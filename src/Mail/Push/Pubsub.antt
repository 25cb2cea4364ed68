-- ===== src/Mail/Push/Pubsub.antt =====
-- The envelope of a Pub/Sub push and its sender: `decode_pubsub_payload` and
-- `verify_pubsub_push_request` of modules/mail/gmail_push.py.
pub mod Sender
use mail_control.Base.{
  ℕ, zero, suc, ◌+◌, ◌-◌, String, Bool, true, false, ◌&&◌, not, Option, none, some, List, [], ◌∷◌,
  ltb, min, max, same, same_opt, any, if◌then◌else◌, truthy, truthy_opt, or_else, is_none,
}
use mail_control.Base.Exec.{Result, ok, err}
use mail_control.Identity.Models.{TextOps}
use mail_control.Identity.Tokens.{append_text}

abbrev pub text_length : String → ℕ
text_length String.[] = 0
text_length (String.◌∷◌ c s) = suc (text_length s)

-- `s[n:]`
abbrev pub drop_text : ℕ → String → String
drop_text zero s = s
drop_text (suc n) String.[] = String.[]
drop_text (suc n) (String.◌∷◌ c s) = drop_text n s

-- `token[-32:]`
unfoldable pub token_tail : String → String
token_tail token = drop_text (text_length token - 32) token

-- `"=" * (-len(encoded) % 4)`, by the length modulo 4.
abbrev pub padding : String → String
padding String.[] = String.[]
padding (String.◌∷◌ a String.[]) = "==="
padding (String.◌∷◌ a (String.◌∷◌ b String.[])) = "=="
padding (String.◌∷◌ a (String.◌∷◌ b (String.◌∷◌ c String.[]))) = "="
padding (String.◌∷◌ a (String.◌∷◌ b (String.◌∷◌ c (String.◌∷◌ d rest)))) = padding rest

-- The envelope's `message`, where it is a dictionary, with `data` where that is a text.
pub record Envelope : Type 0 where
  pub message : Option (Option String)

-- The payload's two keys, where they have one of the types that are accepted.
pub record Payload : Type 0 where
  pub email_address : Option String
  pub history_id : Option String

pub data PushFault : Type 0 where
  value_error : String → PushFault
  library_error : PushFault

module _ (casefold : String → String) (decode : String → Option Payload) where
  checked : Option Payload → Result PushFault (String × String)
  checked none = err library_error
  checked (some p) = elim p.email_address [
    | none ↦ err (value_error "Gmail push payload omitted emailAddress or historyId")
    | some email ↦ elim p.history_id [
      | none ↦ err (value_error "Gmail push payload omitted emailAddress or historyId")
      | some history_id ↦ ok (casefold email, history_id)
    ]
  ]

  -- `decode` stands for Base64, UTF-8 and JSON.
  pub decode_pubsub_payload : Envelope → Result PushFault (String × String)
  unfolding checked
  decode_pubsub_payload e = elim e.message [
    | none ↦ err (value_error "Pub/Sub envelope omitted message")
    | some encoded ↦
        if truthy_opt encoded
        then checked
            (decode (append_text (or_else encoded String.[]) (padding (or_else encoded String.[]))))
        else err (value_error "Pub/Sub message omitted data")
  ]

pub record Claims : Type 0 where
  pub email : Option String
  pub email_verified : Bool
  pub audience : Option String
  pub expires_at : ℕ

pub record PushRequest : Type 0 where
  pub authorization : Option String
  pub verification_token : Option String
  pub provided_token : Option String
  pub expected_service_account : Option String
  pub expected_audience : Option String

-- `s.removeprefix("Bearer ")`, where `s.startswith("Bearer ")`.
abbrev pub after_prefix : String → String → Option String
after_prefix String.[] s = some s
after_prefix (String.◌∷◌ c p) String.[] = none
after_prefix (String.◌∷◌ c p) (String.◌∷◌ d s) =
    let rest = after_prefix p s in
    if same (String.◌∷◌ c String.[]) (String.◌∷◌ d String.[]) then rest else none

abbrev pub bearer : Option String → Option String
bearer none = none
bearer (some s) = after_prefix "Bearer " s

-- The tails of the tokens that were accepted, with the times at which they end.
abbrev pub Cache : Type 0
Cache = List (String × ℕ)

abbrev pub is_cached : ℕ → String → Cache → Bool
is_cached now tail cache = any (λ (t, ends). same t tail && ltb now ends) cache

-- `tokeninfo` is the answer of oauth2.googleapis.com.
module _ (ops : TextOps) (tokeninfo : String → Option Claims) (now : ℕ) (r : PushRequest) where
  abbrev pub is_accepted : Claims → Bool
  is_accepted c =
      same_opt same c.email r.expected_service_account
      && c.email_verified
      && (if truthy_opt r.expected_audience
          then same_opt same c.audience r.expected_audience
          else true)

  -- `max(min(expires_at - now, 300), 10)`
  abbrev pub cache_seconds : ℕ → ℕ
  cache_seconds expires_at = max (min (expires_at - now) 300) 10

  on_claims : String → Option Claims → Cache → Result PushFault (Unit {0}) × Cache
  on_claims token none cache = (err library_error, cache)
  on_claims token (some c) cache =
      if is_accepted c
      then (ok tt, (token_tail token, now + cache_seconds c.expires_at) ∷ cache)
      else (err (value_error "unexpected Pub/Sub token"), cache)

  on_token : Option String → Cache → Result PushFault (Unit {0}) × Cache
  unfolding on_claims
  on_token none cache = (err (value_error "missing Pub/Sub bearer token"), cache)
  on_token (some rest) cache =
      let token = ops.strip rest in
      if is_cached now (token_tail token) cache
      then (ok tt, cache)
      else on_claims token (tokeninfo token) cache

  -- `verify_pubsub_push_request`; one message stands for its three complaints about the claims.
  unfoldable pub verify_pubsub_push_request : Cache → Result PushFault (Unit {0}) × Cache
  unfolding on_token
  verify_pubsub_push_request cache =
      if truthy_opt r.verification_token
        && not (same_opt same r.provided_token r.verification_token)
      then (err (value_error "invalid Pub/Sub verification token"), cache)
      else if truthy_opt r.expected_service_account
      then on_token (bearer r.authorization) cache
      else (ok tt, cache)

-- Your goal --
Retype each line of the material above exactly.

-- Response area --
filename src/Mail/Push/Pubsub.antt
repository 25cb2cea4364ed68
-- ===== src/Mail/Push/Pubsub.antt =====
-- The envelope of a Pub/Sub push and its sender: `decode_pubsub_payload` and
-- `verify_pubsub_push_request` of modules/mail/gmail_push.py.
pub mod Sender
use mail_control.Base.{
  ℕ, zero, suc, ◌+◌, ◌-◌, String, Bool, true, false, ◌&&◌, not, Option, none, some, List, [], ◌∷◌,
  ltb, min, max, same, same_opt, any, if◌then◌else◌, truthy, truthy_opt, or_else, is_none,
}
use mail_control.Base.Exec.{Result, ok, err}
use mail_control.Identity.Models.{TextOps}
use mail_control.Identity.Tokens.{append_text}

abbrev pub text_length : String → ℕ
text_length String.[] = 0
text_length (String.◌∷◌ c s) = suc (text_length s)

-- `s[n:]`
abbrev pub drop_text : ℕ → String → String
drop_text zero s = s
drop_text (suc n) String.[] = String.[]
drop_text (suc n) (String.◌∷◌ c s) = drop_text n s

-- `token[-32:]`
unfoldable pub token_tail : String → String
token_tail token = drop_text (text_length token - 32) token

-- `"=" * (-len(encoded) % 4)`, by the length modulo 4.
abbrev pub padding : String → String
padding String.[] = String.[]
padding (String.◌∷◌ a String.[]) = "==="
padding (String.◌∷◌ a (String.◌∷◌ b String.[])) = "=="
padding (String.◌∷◌ a (String.◌∷◌ b (String.◌∷◌ c String.[]))) = "="
padding (String.◌∷◌ a (String.◌∷◌ b (String.◌∷◌ c (String.◌∷◌ d rest)))) = padding rest

-- The envelope's `message`, where it is a dictionary, with `data` where that is a text.
pub record Envelope : Type 0 where
  pub message : Option (Option String)

-- The payload's two keys, where they have one of the types that are accepted.
pub record Payload : Type 0 where
  pub email_address : Option String
  pub history_id : Option String

pub data PushFault : Type 0 where
  value_error : String → PushFault
  library_error : PushFault

module _ (casefold : String → String) (decode : String → Option Payload) where
  checked : Option Payload → Result PushFault (String × String)
  checked none = err library_error
  checked (some p) = elim p.email_address [
    | none ↦ err (value_error "Gmail push payload omitted emailAddress or historyId")
    | some email ↦ elim p.history_id [
      | none ↦ err (value_error "Gmail push payload omitted emailAddress or historyId")
      | some history_id ↦ ok (casefold email, history_id)
    ]
  ]

  -- `decode` stands for Base64, UTF-8 and JSON.
  pub decode_pubsub_payload : Envelope → Result PushFault (String × String)
  unfolding checked
  decode_pubsub_payload e = elim e.message [
    | none ↦ err (value_error "Pub/Sub envelope omitted message")
    | some encoded ↦
        if truthy_opt encoded
        then checked
            (decode (append_text (or_else encoded String.[]) (padding (or_else encoded String.[]))))
        else err (value_error "Pub/Sub message omitted data")
  ]

pub record Claims : Type 0 where
  pub email : Option String
  pub email_verified : Bool
  pub audience : Option String
  pub expires_at : ℕ

pub record PushRequest : Type 0 where
  pub authorization : Option String
  pub verification_token : Option String
  pub provided_token : Option String
  pub expected_service_account : Option String
  pub expected_audience : Option String

-- `s.removeprefix("Bearer ")`, where `s.startswith("Bearer ")`.
abbrev pub after_prefix : String → String → Option String
after_prefix String.[] s = some s
after_prefix (String.◌∷◌ c p) String.[] = none
after_prefix (String.◌∷◌ c p) (String.◌∷◌ d s) =
    let rest = after_prefix p s in
    if same (String.◌∷◌ c String.[]) (String.◌∷◌ d String.[]) then rest else none

abbrev pub bearer : Option String → Option String
bearer none = none
bearer (some s) = after_prefix "Bearer " s

-- The tails of the tokens that were accepted, with the times at which they end.
abbrev pub Cache : Type 0
Cache = List (String × ℕ)

abbrev pub is_cached : ℕ → String → Cache → Bool
is_cached now tail cache = any (λ (t, ends). same t tail && ltb now ends) cache

-- `tokeninfo` is the answer of oauth2.googleapis.com.
module _ (ops : TextOps) (tokeninfo : String → Option Claims) (now : ℕ) (r : PushRequest) where
  abbrev pub is_accepted : Claims → Bool
  is_accepted c =
      same_opt same c.email r.expected_service_account
      && c.email_verified
      && (if truthy_opt r.expected_audience
          then same_opt same c.audience r.expected_audience
          else true)

  -- `max(min(expires_at - now, 300), 10)`
  abbrev pub cache_seconds : ℕ → ℕ
  cache_seconds expires_at = max (min (expires_at - now) 300) 10

  on_claims : String → Option Claims → Cache → Result PushFault (Unit {0}) × Cache
  on_claims token none cache = (err library_error, cache)
  on_claims token (some c) cache =
      if is_accepted c
      then (ok tt, (token_tail token, now + cache_seconds c.expires_at) ∷ cache)
      else (err (value_error "unexpected Pub/Sub token"), cache)

  on_token : Option String → Cache → Result PushFault (Unit {0}) × Cache
  unfolding on_claims
  on_token none cache = (err (value_error "missing Pub/Sub bearer token"), cache)
  on_token (some rest) cache =
      let token = ops.strip rest in
      if is_cached now (token_tail token) cache
      then (ok tt, cache)
      else on_claims token (tokeninfo token) cache

  -- `verify_pubsub_push_request`; one message stands for its three complaints about the claims.
  unfoldable pub verify_pubsub_push_request : Cache → Result PushFault (Unit {0}) × Cache
  unfolding on_token
  verify_pubsub_push_request cache =
      if truthy_opt r.verification_token
        && not (same_opt same r.provided_token r.verification_token)
      then (err (value_error "invalid Pub/Sub verification token"), cache)
      else if truthy_opt r.expected_service_account
      then on_token (bearer r.authorization) cache
      else (ok tt, cache)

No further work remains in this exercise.